‘Pretty amazing’: Golden Horn as a jump sire, from Good Morning Bloodstock

‘Pretty amazing’: Golden Horn as a jump sire, from Good Morning Bloodstock

By Martin Stevens

2nd November 2022

Success really should be measured by strike rates in the bloodstock industry, rather than by bare numbers of winners or lumps of prize money that don’t take into account opportunity. The only trouble with strike rates, though, is that as soon as a high one is identified and comes to wider recognition, it is almost certainly doomed to drop. A sparsely used sire who gets a phenomenal percentage of winners to runners from small early crops will likely struggle to sustain that figure when he has more and more representatives on the track, not all of them out of the best or most suitable mares. Similarly, the winners-to-runners ratio of a ‘nick’ between sire and broodmare sire that looks so impressive at the outset will soon drop as soon as everyone else jumps on the bandwagon.

For that reason, I was pleasantly surprised when I checked out the stats of Golden Horn after his son Nusret, a fairly smart performer on the flat, scored so easily on his jumps debut for Joseph O’Brien in a Punchestown three-year-old hurdle on Sunday. The brilliant Derby and Arc winner, but somewhat less brilliant source of flat superstars, has now supplied 17 winners from 27 runners in the National Hunt sphere in Britain and Ireland for a strike rate of 63 per cent, according to Racing Post statistics.

It was this time last year when I first wrote in this space about Golden Horn’s eye-catching start with jumps runners, and at that point he had fielded seven winners from 10 starters – including Stag Horn, who went on to take the Leamington Novices’ Hurdle, and First Street, subsequently a close second in the County Hurdle. For his proportion of winners to runners to have dropped by only seven percentage points, despite having been represented by another 17 horses in the intervening period, is pretty amazing. Granted, a lot of those runners will still be very well bred – and indeed the still-entire Nusret is a half-brother to Musidora Stakes winner Liber Nauticus – but bear in mind, too, that his early results might have encouraged trainers of his more disappointing horses to chance their arm over hurdles; just the sort of thing that usually ruins a rip-roaring strike rate.

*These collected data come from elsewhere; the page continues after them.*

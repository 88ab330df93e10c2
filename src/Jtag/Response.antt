-- ===== src/Jtag/Response.antt =====
-- What the thread takes from the answer of the target.
use demo_testbench.Base.{ℕ, ◌+◌, ◌-◌, ◌*◌, ◌%◌, ◌^◌, ◌≤◌, ◌<◌, ltb, List, ◌++◌, length, take, drop}
use demo_testbench.Base.{length-drop, length-take, done, Status, ◌≡◌, refl, ◌∙◌, arith, false}
use demo_testbench.Cbuf
use demo_testbench.Cbuf.{Cbuf}
use demo_testbench.Cbuf.Valid.{IsValid}
use demo_testbench.Cbuf.Contents.{contents}
use demo_testbench.Cbuf.Fifo.{get, put, discard_refines, write_refines}
use demo_testbench.Jtag.{Jtag, parse_jtag_resp, to_bytes}
use demo_testbench.Jtag.Words.{copy_from_word}

-- What an answer that takes `taken` bytes and brings `new` leaves.
pub record Exchanged (u u' : Jtag) (taken : ℕ) (new : List ℕ) : Type 0 where
  pub taken_away : contents u'.write_buf ≡ drop taken (contents u.write_buf)
  pub delivered : contents u'.read_buf ≡ contents u.read_buf ++ new
  pub write_valid : IsValid u'.write_buf
  pub read_valid : IsValid u'.read_buf
  pub write_size : u'.write_buf.size ≡ u.write_buf.size
  pub read_size : u'.read_buf.size ≡ u.read_buf.size
  pub same_width : u'.target_word_width ≡ u.target_word_width

-- The outcome of an answer, from what its parts give.
parsed_from :
    (u : Jtag) (resp : List ℕ) (acked received out n : ℕ) (s : Status) (b : Cbuf)
    → copy_from_word u.target_word_width resp (length resp - u.target_word_width * 2) ≡ done acked
    → copy_from_word u.target_word_width resp (length resp - u.target_word_width) ≡ done received
    → to_bytes u acked ≡ out
    → to_bytes u received ≡ n
    → Cbuf.write u.read_buf (drop (u.target_word_width * 2) resp) n ≡ done (s, b)
    → parse_jtag_resp u resp (length resp)
      ≡ done
          (acked, received, record u { write_buf = (Cbuf.discard u.write_buf out).1; read_buf = b })
unfolding parse_jtag_resp
parsed_from u resp acked received out n s b says says' out_is n_is writes =
    rw (says, says', out_is, n_is, writes) refl

-- If the last two words of an answer say that `acked` words are taken and `received` are sent, the
-- write buffer has as many words as are taken, the read buffer has room for those sent, and the
-- answer is long enough to hold them, the thread takes exactly the oldest `acked` words out of the
-- write buffer, puts the words behind the first two of the answer at the end of the read buffer, and
-- both buffers stay valid.
pub parse_jtag_resp-Exchanged :
    (u : Jtag) (resp : List ℕ) (acked received : ℕ)
    → let width = u.target_word_width in
      IsValid u.write_buf
      → IsValid u.read_buf
      → copy_from_word width resp (length resp - width * 2) ≡ done acked
      → copy_from_word width resp (length resp - width) ≡ done received
      → acked * width ≤ length (contents u.write_buf)
      → length (contents u.read_buf) + received * width ≤ u.read_buf.size
      → width * 2 + received * width ≤ length resp
      → acked * width < 2 ^ 32
      → received * width < 2 ^ 32
      → (u' : Jtag) × (parse_jtag_resp u resp (length resp) ≡ done (acked, received, u'))
        × Exchanged u u' (acked * width) (take (received * width) (drop (width * 2) resp))
unfolding to_bytes put get
parse_jtag_resp-Exchanged u resp acked received v w says says' there room inside small small' =
    let width = u.target_word_width in
    let out = acked * width in
    let src = drop (width * 2) resp in
    let n = received * width in
    let out_is : out % 2 ^ 32 ≡ out = omega arith in
    let n_is : n % 2 ^ 32 ≡ n = omega arith in
    let have : n ≤ length src = omega (arith, length-drop (width * 2) resp) in
    let len : length (take n src) ≡ n = omega (arith, length-take n src) in
    let fits : ltb u.read_buf.size (length (contents u.read_buf) + length (take n src)) ≡ false =
      rw len (ground arith) in
    let enough : ltb (length (contents u.write_buf)) out ≡ false = ground arith in
    let (s, rest, valid, size) = discard_refines out v in
    let (b, writes, new, valid', size') = write_refines src n w have in
    (
      record u { write_buf = (Cbuf.discard u.write_buf out).1; read_buf = b },
      parsed_from u resp acked received out n _ b says says' out_is n_is writes,
      record {
        taken_away = rest ∙ rw enough refl;
        delivered = new ∙ rw fits refl;
        write_valid = valid;
        read_valid = valid';
        write_size = size;
        read_size = size';
        same_width = refl;
      },
    )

Nusret, who is as low as 12-1 in ante-post lists for the Triumph Hurdle, is not the only exciting prospect for his sire to have emerged recently in this discipline, either. Nemean Lion, a five-year-old gelding out of Ninfea, a Listed-placed Selkirk half-sister to Magical Lagoon and Novellist, looked to have bags of talent when hosing up in a Hereford maiden hurdle on his first start over jumps last Tuesday. He had run second in Group 2 company at three for André Fabre and Godolphin, but was sold into Kerry Lee’s stable for just £18,000 at a Tattersalls Ascot sale.

Kutaiba, a three-year-old filly out of an unraced Dansili half-sister to Taghrooda bought by Rae Guest for a mere 10,000gns from the Shadwell part-dispersal at last year’s Tattersalls December Mares Sale, is another name to note by the sire. She expended little energy in seeing off her nine rivals on debut in a Huntingdon bumper for the trainer earlier in the month, and could have a fruitful dual-purpose career in front of her.

Look out also for what could be Golden Horn’s 28th National Hunt runner in Britain and Ireland, if the four-year-old filly Golden Ace takes up her entry in a mares’ bumper at Ffos Las on Friday. She was bred by Meon Valley Stud out of their Listed-winning Dubawi mare Deuce Again, but never raced for that operation and was instead sold to current owner Ian Gosden for 12,000gns at last year’s Tattersalls July Sale. She is now trained by Jeremy Scott.

Golden Horn’s continued success as a jumps sire will be music to the ears of his new owner and custodian, Jayne McGivern of Dash Grange Stud and Simon Sweeting at Overbury Stud respectively. He can be expected to cover a strong book of National Hunt mares at the Gloucestershire operation next year, when his fee has been set at a very reasonable £8,000. The resultant offspring won’t be his first bred for jumping, though, as he received a large number of National Hunt mares among the 156 he covered at Dalham Hall Stud this year, including useful sorts Buildmeupbuttercup, Free Thinking, Golden Sunbird, Happy Diva, L’Unique and My Petra as well as the dams of Black Tears, Elle Est Belle, Llandinabo Lad, Redemption Day and Santini.

Golden Horn was already an exceptional middle-distance horse with size and scope, not to mention those splendid progeny stats, but the knowledge that so many well-bred jumpers are in the pipeline might make him an even more attractive play for National Hunt breeders in his new home of Overbury Stud in the coming years.